Techniques for runtime codepath selections utilizing new ISAs


I’ve programmed a codebase utilizing a templated simd math library allowing to write all algorithms using generic scalar/vector types. Entrypoints then switch on available instructions sets like AVX, SSE etc. at runtime and invokes the most optimal supported codepath, so one single binary supports every platform from old Pentiums to the newest cpus, while the critical code is running optimally.

Of course, the whole codebase had to be compiled with no cpu/arch extensions to ensure the compiler doesn’t insert unsupported instructinos in non-controlled code paths.

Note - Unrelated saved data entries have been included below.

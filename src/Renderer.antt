-- ===== src/Renderer.antt =====
-- RenderArtifacts of internal/renderer/code.go: the queue of artifacts is rendered in rounds, and an
-- artifact whose template asks for one that no file holds yet waits for the next round. The
-- templates are not the program's code: `execute_inline` and `execute_template` stand for a run of
-- text/template, which returns a text or an error and may change the imports and the namespace.
-- `get_package_name` and `to_go_file_path` are utils.GetPackageName and utils.ToGoFilePath.
pub mod Progress
pub mod Exactly
use go_asyncapi.Common.{
  ℕ, zero, suc, ◌≡◌, Bool, true, false, Option, none, some, List, [], ◌∷◌, ◌++◌, Bytes,
  if◌then◌else◌, eqb, length,
}
use go_asyncapi.Selector.{CodeLayoutItemOpts}
use go_asyncapi.Namespace.{NamespaceManager}
use go_asyncapi.RenderManager.{
  Imports, RenderManager, set_code_object, write_imports, write_namespace, write_buffer, begin_file,
  commit,
}

-- An error, by whether it is tmpl.ErrNotPinned.
pub data Rendered (E : Type 0) : Type 0 where
  rendered : Bytes → Rendered E
  not_pinned : E → Rendered E
  failed : E → Rendered E

pub record TemplateRun (O E : Type 0) : Type 0 where
  pub imports : Imports
  pub namespace : NamespaceManager O
  pub result : Rendered E

pub record RenderQueueItem (E : Type 0) : Type 0 where
  pub layout_item : CodeLayoutItemOpts
  pub object : ℕ
  pub err : Option E

pub data Failure (E : Type 0) : Type 0 where
  file_name_error : E → Failure E
  object_error : E → Failure E
  objects_not_pinned : List E → Failure E

-- What the body of the inner loop does with an item.
pub data Step (O E : Type 0) : Type 0 where
  committed : RenderManager O → Step O E
  postponed : RenderQueueItem E → RenderManager O → Step O E
  stopped : Failure E → Step O E
  panicked : Step O E

-- A run of the inner loop: the items postponed in it.
pub data Round (O E : Type 0) : Type 0 where
  finished : List (RenderQueueItem E) → RenderManager O → Round O E
  round_stopped : Failure E → Round O E
  round_panicked : Round O E

pub data Outcome (O E : Type 0) : Type 0 where
  done : RenderManager O → Outcome O E
  error : Failure E → Outcome O E
  outcome_panicked : Outcome O E
  out_of_fuel : Outcome O E

-- errors.Join drops the errors that are nil.
abbrev pub join_errors : {E : Type 0} → List (RenderQueueItem E) → List E
join_errors [] = []
join_errors (i ∷ is) = elim i.err [ none ↦ join_errors is | some e ↦ e ∷ join_errors is ]

abbrev pub hold : {O E : Type 0} → RenderQueueItem E → Round O E → Round O E
hold item (finished p r) = finished (item ∷ p) r
hold item (round_stopped f) = round_stopped f
hold item round_panicked = round_panicked

-- mng.Commit() panics where `commit` is `none`.
abbrev pub commit_step : {O E : Type 0} → Option (RenderManager O) → Step O E
commit_step none = panicked
commit_step (some r) = committed r

module _ {O E : Type 0}
    (execute_inline execute_template : Bytes
      → RenderQueueItem E
      → RenderManager O
      → TemplateRun O E)
    (get_package_name to_go_file_path : Bytes → Bytes) where
  -- What a run of a template leaves in the manager.
  abbrev pub after_run : RenderManager O → TemplateRun O E → RenderManager O
  after_run r t = write_namespace (write_imports r t.imports) t.namespace

  -- renderObject in the begun file and the switch after it: the output is written if there is one.
  unfoldable pub render_object : RenderQueueItem E → RenderManager O → Step O E
  render_object item r =
      let run = execute_template item.layout_item.render.template item r in
      let r1 = after_run r run in
      elim run.result [
        | rendered text ↦ commit_step (commit (write_buffer r1 text))
        | not_pinned e ↦ postponed (record item { err = some e }) r1
        | failed e ↦ stopped (object_error e)
      ]

  unfoldable pub render_item : RenderQueueItem E → RenderManager O → Step O E
  unfolding render_object
  render_item item r =
      let r0 = set_code_object r item.object item.layout_item in
      let run = execute_inline item.layout_item.render.file item r0 in
      let r1 = after_run r0 run in
      elim run.result [
        | rendered name ↦ render_object item (
            begin_file get_package_name (to_go_file_path name) item.layout_item.render.package_name
              r1)
        | not_pinned e ↦ postponed item r1
        | failed e ↦ stopped (file_name_error e)
      ]

  unfoldable pub render_round : List (RenderQueueItem E) → RenderManager O → Round O E
  render_round [] r = finished [] r
  render_round (item ∷ queue) r = elim (render_item item r) [
    | committed r1 ↦ render_round queue r1
    | postponed item' r1 ↦ hold item' (render_round queue r1)
    | stopped f ↦ round_stopped f
    | panicked ↦ round_panicked
  ]

  -- The outer loop runs while the queue is not empty, on fuel.
  unfoldable pub render_artifacts : ℕ → List (RenderQueueItem E) → RenderManager O → Outcome O E
  render_artifacts zero queue r = out_of_fuel
  render_artifacts (suc fuel) [] r = done r
  render_artifacts (suc fuel) (i ∷ is) r = elim (render_round (i ∷ is) r) [
    | finished p r1 ↦ elim (eqb (length p) (length (i ∷ is))) [
      | true ↦ error (objects_not_pinned (join_errors p))
      | false ↦ render_artifacts fuel p r1
    ]
    | round_stopped f ↦ error f
    | round_panicked ↦ outcome_panicked
  ]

On every compiler I’ve used, all is well and fine. My xcode/clang compiler was pretty dated though (the last xcode 5 version). Unfortunately, users compiling and using my open source projects are reporting that nothing compiles anymore.

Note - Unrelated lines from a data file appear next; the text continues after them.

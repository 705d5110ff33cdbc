-- ===== src/Renderer/Exactly.antt =====
-- RenderArtifacts of internal/renderer/code.go: what is committed when it ends without an error.
use mathlib.Core.List.{Perm}
use mathlib.Core.List.Permᴰ
use mathlib.Core.List.{Permᴰ}
use go_asyncapi.Common.{
  ℕ, zero, suc, ◌≡◌, refl, Option, none, some, List, [], ◌∷◌, ◌++◌, Bytes, map, eqb, length, ◌⊎◌,
  inl, inr, Bool-cases,
}
use go_asyncapi.Selector.{CodeLayoutItemOpts}
use mathlib.Core.Path.{subst}
use go_asyncapi.RenderManager.{RenderManager, begin_file, commit, write_buffer, set_code_object}
use go_asyncapi.Renderer.{
  Rendered, TemplateRun, RenderQueueItem, Failure, Step, Round, Outcome, committed, postponed,
  stopped, panicked, finished, round_stopped, round_panicked, done, error, outcome_panicked,
  out_of_fuel, hold, render_item, render_round, render_artifacts, render_object, commit_step,
  rendered, not_pinned, failed, after_run,
}

-- What of an item of the queue never changes: the layout item and the artifact.
abbrev pub Job : Type 0
Job = CodeLayoutItemOpts × ℕ

abbrev pub job : {E : Type 0} → RenderQueueItem E → Job
job item = (item.layout_item, item.object)

Rendered-cases :
    {E : Type 0} (x : Rendered E)
    → ((b : Bytes) × (x ≡ rendered b))
      ⊎ (((e : E) × (x ≡ not_pinned e)) ⊎ ((e : E) × (x ≡ failed e)))
Rendered-cases (rendered b) = inl (b, refl)
Rendered-cases (not_pinned e) = inr (inl (e, refl))
Rendered-cases (failed e) = inr (inr (e, refl))

pub Step-cases :
    {O E : Type 0} (x : Step O E)
    → ((r : RenderManager O) × (x ≡ committed r))
      ⊎ (((i : RenderQueueItem E) × (r : RenderManager O) × (x ≡ postponed i r))
          ⊎ (((f : Failure E) × (x ≡ stopped f)) ⊎ (x ≡ panicked)))
Step-cases (committed r) = inl (r, refl)
Step-cases (postponed i r) = inr (inl (i, r, refl))
Step-cases (stopped f) = inr (inr (inl (f, refl)))
Step-cases panicked = inr (inr (inr refl))

pub Round-cases :
    {O E : Type 0} (x : Round O E)
    → ((p : List (RenderQueueItem E)) × (r : RenderManager O) × (x ≡ finished p r))
      ⊎ (((f : Failure E) × (x ≡ round_stopped f)) ⊎ (x ≡ round_panicked))
Round-cases (finished p r) = inl (p, r, refl)
Round-cases (round_stopped f) = inr (inl (f, refl))
Round-cases round_panicked = inr (inr refl)

module _ {O E : Type 0}
    (execute_inline execute_template : Bytes
      → RenderQueueItem E
      → RenderManager O
      → TemplateRun O E)
    (get_package_name to_go_file_path : Bytes → Bytes) where
  -- A run of the loops' body that commits these jobs, in this order; an item that is postponed
  -- changes the manager, and commits nothing.
  pub data Runs : RenderManager O → List Job → RenderManager O → Type 0 where
    ended : {r : RenderManager O} → Runs r [] r
    commits :
        {r r1 r2 : RenderManager O} {jobs : List Job} (item : RenderQueueItem E)
        → render_item execute_inline execute_template get_package_name to_go_file_path item r
          ≡ committed r1
        → Runs r1 jobs r2
        → Runs r (job item ∷ jobs) r2
    postpones :
        {r r1 r2 : RenderManager O} {jobs : List Job} (item item' : RenderQueueItem E)
        → render_item execute_inline execute_template get_package_name to_go_file_path item r
          ≡ postponed item' r1
        → Runs r1 jobs r2
        → Runs r jobs r2

  Runs-append :
      {r r1 r2 : RenderManager O} {a b : List Job} → Runs r a r1 → Runs r1 b r2 → Runs r (a ++ b) r2
  Runs-append ended t = t
  Runs-append (commits item e s) t = commits item e (Runs-append s t)
  Runs-append (postpones item item' e s) t = postpones item item' e (Runs-append s t)

  -- A round commits some of the queue's jobs, and postpones the others.
  abbrev RoundCommits : RenderManager O → List (RenderQueueItem E) → Round O E → Type 0
  RoundCommits r queue (finished p r') =
      (jobs : List Job) × Runs r jobs r' × Permᴰ (jobs ++ map job p) (map job queue)
  RoundCommits r queue (round_stopped f) = Unit
  RoundCommits r queue round_panicked = Unit

  hold-RoundCommits :
      (item item' : RenderQueueItem E) (queue : List (RenderQueueItem E)) (r r1 : RenderManager O)
      (x : Round O E)
      → render_item execute_inline execute_template get_package_name to_go_file_path item r
        ≡ postponed item' r1
      → job item' ≡ job item
      → RoundCommits r1 queue x
      → RoundCommits r (item ∷ queue) (hold item' x)
  hold-RoundCommits item item' queue r r1 (finished p r') e j (jobs, runs, perm) = (
    jobs,
    postpones item item' e runs,
    Permᴰ.trans (Permᴰ.middle (job item') jobs (map job p)) (Permᴰ.cons j perm),
  )
  hold-RoundCommits item item' queue r r1 (round_stopped f) e j h = tt
  hold-RoundCommits item item' queue r r1 round_panicked e j h = tt

  commit-RoundCommits :
      (item : RenderQueueItem E) (queue : List (RenderQueueItem E)) (r r1 : RenderManager O)
      (x : Round O E)
      → render_item execute_inline execute_template get_package_name to_go_file_path item r
        ≡ committed r1
      → RoundCommits r1 queue x
      → RoundCommits r (item ∷ queue) x
  commit-RoundCommits item queue r r1 (finished p r') e (jobs, runs, perm) =
      (job item ∷ jobs, commits item e runs, Permᴰ.cons refl perm)
  commit-RoundCommits item queue r r1 (round_stopped f) e h = tt
  commit-RoundCommits item queue r r1 round_panicked e h = tt

  -- A step keeps the job of the item that it postpones.
  abbrev Keeps : RenderQueueItem E → Step O E → Type 0
  Keeps item (postponed item' r) = job item' ≡ job item
  Keeps item (committed r) = Unit
  Keeps item (stopped f) = Unit
  Keeps item panicked = Unit

  commit_step-Keeps :
      (item : RenderQueueItem E) (o : Option (RenderManager O)) → Keeps item (commit_step o)
  commit_step-Keeps item none = tt
  commit_step-Keeps item (some r) = tt

  render_object-Keeps :
      (item : RenderQueueItem E) (r : RenderManager O)
      → Keeps item
          (render_object execute_inline execute_template get_package_name to_go_file_path item r)
  unfolding render_object
  render_object-Keeps item r =
      let run = execute_template item.layout_item.render.template item r in
      let r1 = after_run execute_inline execute_template get_package_name to_go_file_path r run in
      elim (Rendered-cases run.result) [
        | inl (b, e) ↦
            rw (e, Keeps, render_object) (commit_step-Keeps item (commit (write_buffer r1 b)))
        | inr (inl (x, e)) ↦ rw (e, Keeps, render_object) refl
        | inr (inr (x, e)) ↦ rw (e, Keeps, render_object) tt
      ]

  render_item-Keeps :
      (item : RenderQueueItem E) (r : RenderManager O)
      → Keeps item
          (render_item execute_inline execute_template get_package_name to_go_file_path item r)
  unfolding render_item
  render_item-Keeps item r =
      let r0 = set_code_object r item.object item.layout_item in
      let run = execute_inline item.layout_item.render.file item r0 in
      let r1 = after_run execute_inline execute_template get_package_name to_go_file_path r0 run in
      elim (Rendered-cases run.result) [
        | inl (b, e) ↦
            rw (e, Keeps, render_item)
              (render_object-Keeps item (
                begin_file get_package_name (to_go_file_path b) item.layout_item.render.package_name
                  r1))
        | inr (inl (x, e)) ↦ rw (e, Keeps, render_item) refl
        | inr (inr (x, e)) ↦ rw (e, Keeps, render_item) tt
      ]

  render_round-RoundCommits :
      (queue : List (RenderQueueItem E)) (r : RenderManager O)
      → RoundCommits r queue
          (render_round execute_inline execute_template get_package_name to_go_file_path queue r)
  unfolding render_round
  render_round-RoundCommits [] r = ([], ended, Permᴰ.nil)
  render_round-RoundCommits (item ∷ queue) r =
      let step = render_item execute_inline execute_template get_package_name to_go_file_path in
      let round = render_round execute_inline execute_template get_package_name to_go_file_path in
      elim (Step-cases (step item r)) [
        | inl (r1, e) ↦
            rw (e, RoundCommits, render_round)
              (commit-RoundCommits item queue r r1 (round queue r1) e
                (render_round-RoundCommits queue r1))
        | inr (inl (item', r1, e)) ↦
            rw (e, RoundCommits, render_round)
              (hold-RoundCommits item item' queue r r1 (round queue r1) e
                (subst (Keeps item) e (render_item-Keeps item r))
                (render_round-RoundCommits queue r1))
        | inr (inr (inl (f, e))) ↦ rw (e, RoundCommits, render_round) tt
        | inr (inr (inr e)) ↦ rw (e, RoundCommits, render_round) tt
      ]

  abbrev Ends : RenderManager O → List (RenderQueueItem E) → Outcome O E → Type 0
  Ends r queue (done r') = (jobs : List Job) × Runs r jobs r' × Permᴰ jobs (map job queue)
  Ends r queue (error f) = Unit
  Ends r queue outcome_panicked = Unit
  Ends r queue out_of_fuel = Unit

  Ends-after :
      (r r1 : RenderManager O) (queue p : List (RenderQueueItem E)) (x : Outcome O E)
      → RoundCommits r queue (finished p r1)
      → Ends r1 p x
      → Ends r queue x
  Ends-after r r1 queue p (done r') (jobs, runs, perm) (later, runs', perm') =
      (jobs ++ later, Runs-append runs runs', Permᴰ.trans (Permᴰ.append_left jobs perm') perm)
  Ends-after r r1 queue p (error f) h k = tt
  Ends-after r r1 queue p outcome_panicked h k = tt
  Ends-after r r1 queue p out_of_fuel h k = tt

  render_artifacts-Ends :
      (fuel : ℕ) (queue : List (RenderQueueItem E)) (r : RenderManager O)
      → Ends r queue (
          render_artifacts execute_inline execute_template get_package_name to_go_file_path fuel
            queue r)
  unfolding render_artifacts
  render_artifacts-Ends zero queue r = tt
  render_artifacts-Ends (suc fuel) [] r = ([], ended, Permᴰ.nil)
  render_artifacts-Ends (suc fuel) (i ∷ is) r =
      let round = render_round execute_inline execute_template get_package_name to_go_file_path in
      elim (Round-cases (round (i ∷ is) r)) [
        | inl (p, r1, e) ↦
            rw (e, Ends, render_artifacts)
              (elim (Bool-cases (eqb (length p) (length (i ∷ is)))) [
                | inl q ↦ rw (q, Ends) tt
                | inr q ↦
                    rw (q, Ends)
                      (Ends-after r r1 (i ∷ is) p
                        (render_artifacts execute_inline execute_template get_package_name
                          to_go_file_path fuel p r1)
                        (subst (RoundCommits r (i ∷ is)) e (render_round-RoundCommits (i ∷ is) r))
                        (render_artifacts-Ends fuel p r1))
              ])
        | inr (inl (f, e)) ↦ rw (e, Ends, render_artifacts) tt
        | inr (inr e) ↦ rw (e, Ends, render_artifacts) tt
      ]

  -- Where the rendering ends without an error, every artifact of the queue was committed exactly
  -- once, under its own layout item: what was committed, in the order of the commits, is a
  -- permutation of the queue.
  pub render_artifacts-Perm :
      (fuel : ℕ) (queue : List (RenderQueueItem E)) (r r' : RenderManager O)
      → render_artifacts execute_inline execute_template get_package_name to_go_file_path fuel queue
          r
        ≡ done r'
      → (jobs : List Job) × Runs r jobs r' × Perm jobs (map job queue)
  render_artifacts-Perm fuel queue r r' e =
      let (jobs, runs, perm) = subst (Ends r queue) e (render_artifacts-Ends fuel queue r) in
      (jobs, runs, ∣ perm ∣₁)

At some point, this functionality was broken as clang now emits errors like this:

error: always_inline function ‘_mm256_and_ps’ requires target feature ‘avx’, but would be inlined into function ‘vand’ that is compiled without support for ‘avx’
inline v8sf vand(v8sf a, v8sf b) { return _mm256_and_ps(a, b); }

Suffice to say, this completely broke all of my projects. However, I know this is a caveat relying on non-standardized behaviour - and I’m pretty sure there are reasons for avoiding mixing of code with different targets. Still, seeing as this technique is immensively beneficial for performance and legacy support, I’m still extremely interesting in making it work (somehow).

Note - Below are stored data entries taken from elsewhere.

-- ===== src/Renderer/Progress.antt =====
-- RenderArtifacts of internal/renderer/code.go ends.
use go_asyncapi.Common.{
  ℕ, zero, suc, ◌≢◌, ◌<◌, ◌≤◌, List, [], ◌∷◌, Bytes, arith, eqb, length, inl, inr, Bool-cases,
}
use mathlib.Core.Path.{subst}
use go_asyncapi.RenderManager.{RenderManager}
use go_asyncapi.Renderer.{
  TemplateRun, RenderQueueItem, Round, Outcome, finished, round_stopped, round_panicked, done,
  error, outcome_panicked, out_of_fuel, hold, render_item, render_round, render_artifacts,
}
use go_asyncapi.Renderer.Exactly.{Round-cases, Step-cases}

module _ {O E : Type 0}
    (execute_inline execute_template : Bytes
      → RenderQueueItem E
      → RenderManager O
      → TemplateRun O E)
    (get_package_name to_go_file_path : Bytes → Bytes) where
  abbrev AtMost : ℕ → Round O E → Type 0
  AtMost n (finished p r) = length p ≤ n
  AtMost n (round_stopped f) = Unit
  AtMost n round_panicked = Unit

  AtMost-hold :
      (n : ℕ) (item : RenderQueueItem E) (x : Round O E) → AtMost n x → AtMost (suc n) (hold item x)
  AtMost-hold n item (finished p r) h = omega arith
  AtMost-hold n item (round_stopped f) h = tt
  AtMost-hold n item round_panicked h = tt

  AtMost-suc : (n : ℕ) (x : Round O E) → AtMost n x → AtMost (suc n) x
  AtMost-suc n (finished p r) h = omega arith
  AtMost-suc n (round_stopped f) h = tt
  AtMost-suc n round_panicked h = tt

  render_round-AtMost :
      (queue : List (RenderQueueItem E)) (r : RenderManager O)
      → AtMost
          (length queue)
          (render_round execute_inline execute_template get_package_name to_go_file_path queue r)
  unfolding render_round
  render_round-AtMost [] r = omega arith
  render_round-AtMost (item ∷ queue) r =
      let step = render_item execute_inline execute_template get_package_name to_go_file_path in
      let round = render_round execute_inline execute_template get_package_name to_go_file_path in
      elim (Step-cases (step item r)) [
        | inl (r1, e) ↦
            rw (e, AtMost, render_round)
              (AtMost-suc (length queue) (round queue r1) (render_round-AtMost queue r1))
        | inr (inl (item', r1, e)) ↦
            rw (e, AtMost, render_round)
              (AtMost-hold (length queue) item' (round queue r1) (render_round-AtMost queue r1))
        | inr (inr (inl (f, e))) ↦ rw (e, AtMost, render_round) tt
        | inr (inr (inr e)) ↦ rw (e, AtMost, render_round) tt
      ]

  abbrev Ended : Outcome O E → Type 0
  Ended (done r) = Unit
  Ended (error f) = Unit
  Ended outcome_panicked = Unit
  Ended out_of_fuel = ⊥

  render_artifacts-Ended :
      (fuel : ℕ) (queue : List (RenderQueueItem E)) (r : RenderManager O)
      → length queue < fuel
      → Ended (
          render_artifacts execute_inline execute_template get_package_name to_go_file_path fuel
            queue r)
  unfolding render_artifacts
  render_artifacts-Ended zero queue r h = omega arith
  render_artifacts-Ended (suc fuel) [] r h = tt
  render_artifacts-Ended (suc fuel) (i ∷ is) r h =
      let round = render_round execute_inline execute_template get_package_name to_go_file_path in
      elim (Round-cases (round (i ∷ is) r)) [
        | inl (p, r1, e) ↦
            let short : length p ≤ suc (length is) =
              subst (AtMost (suc (length is))) e (render_round-AtMost (i ∷ is) r) in
            rw (e, Ended, render_artifacts)
              (elim (Bool-cases (eqb (length p) (length (i ∷ is)))) [
                | inl q ↦ rw (q, Ended) tt
                | inr q ↦ rw (q, Ended) (render_artifacts-Ended fuel p r1 (ground arith))
              ])
        | inr (inl (f, e)) ↦ rw (e, Ended, render_artifacts) tt
        | inr (inr e) ↦ rw (e, Ended, render_artifacts) tt
      ]

  -- The rendering ends, whatever the templates do: fuel that exceeds the length of the queue is
  -- enough, since a round that is not the last one postpones fewer items than it was given.
  pub render_artifacts-ends :
      (fuel : ℕ) (queue : List (RenderQueueItem E)) (r : RenderManager O)
      → length queue < fuel
      → render_artifacts execute_inline execute_template get_package_name to_go_file_path fuel queue
          r
        ≢ out_of_fuel
  render_artifacts-ends fuel queue r h e = subst Ended e (render_artifacts-Ended fuel queue r h)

As far as I know, the only current way to make this work, is to compile every source file with different compiler flags. This is, however, very tedious, inflexible and requires manual maintenance on every source file every time something changes as well as completely separating all code requiring vector operations and normal code. Additionally, you know have to specialize all code manually for each ISA instead of relying on template-code generation, creating massive code duplication and maintenance.

The other alternative is to compile separate binaries for each supported platform…

I’m not 100% sure, but I think that the CLang support for ‘attribute((target(…)))’ might help.



The GCC equivalent does allow you to have multiple target specific solutions in the same source. However, I don’t see a mention of ‘target_clones’ for X86 in CLang which is possibly closer to what you need.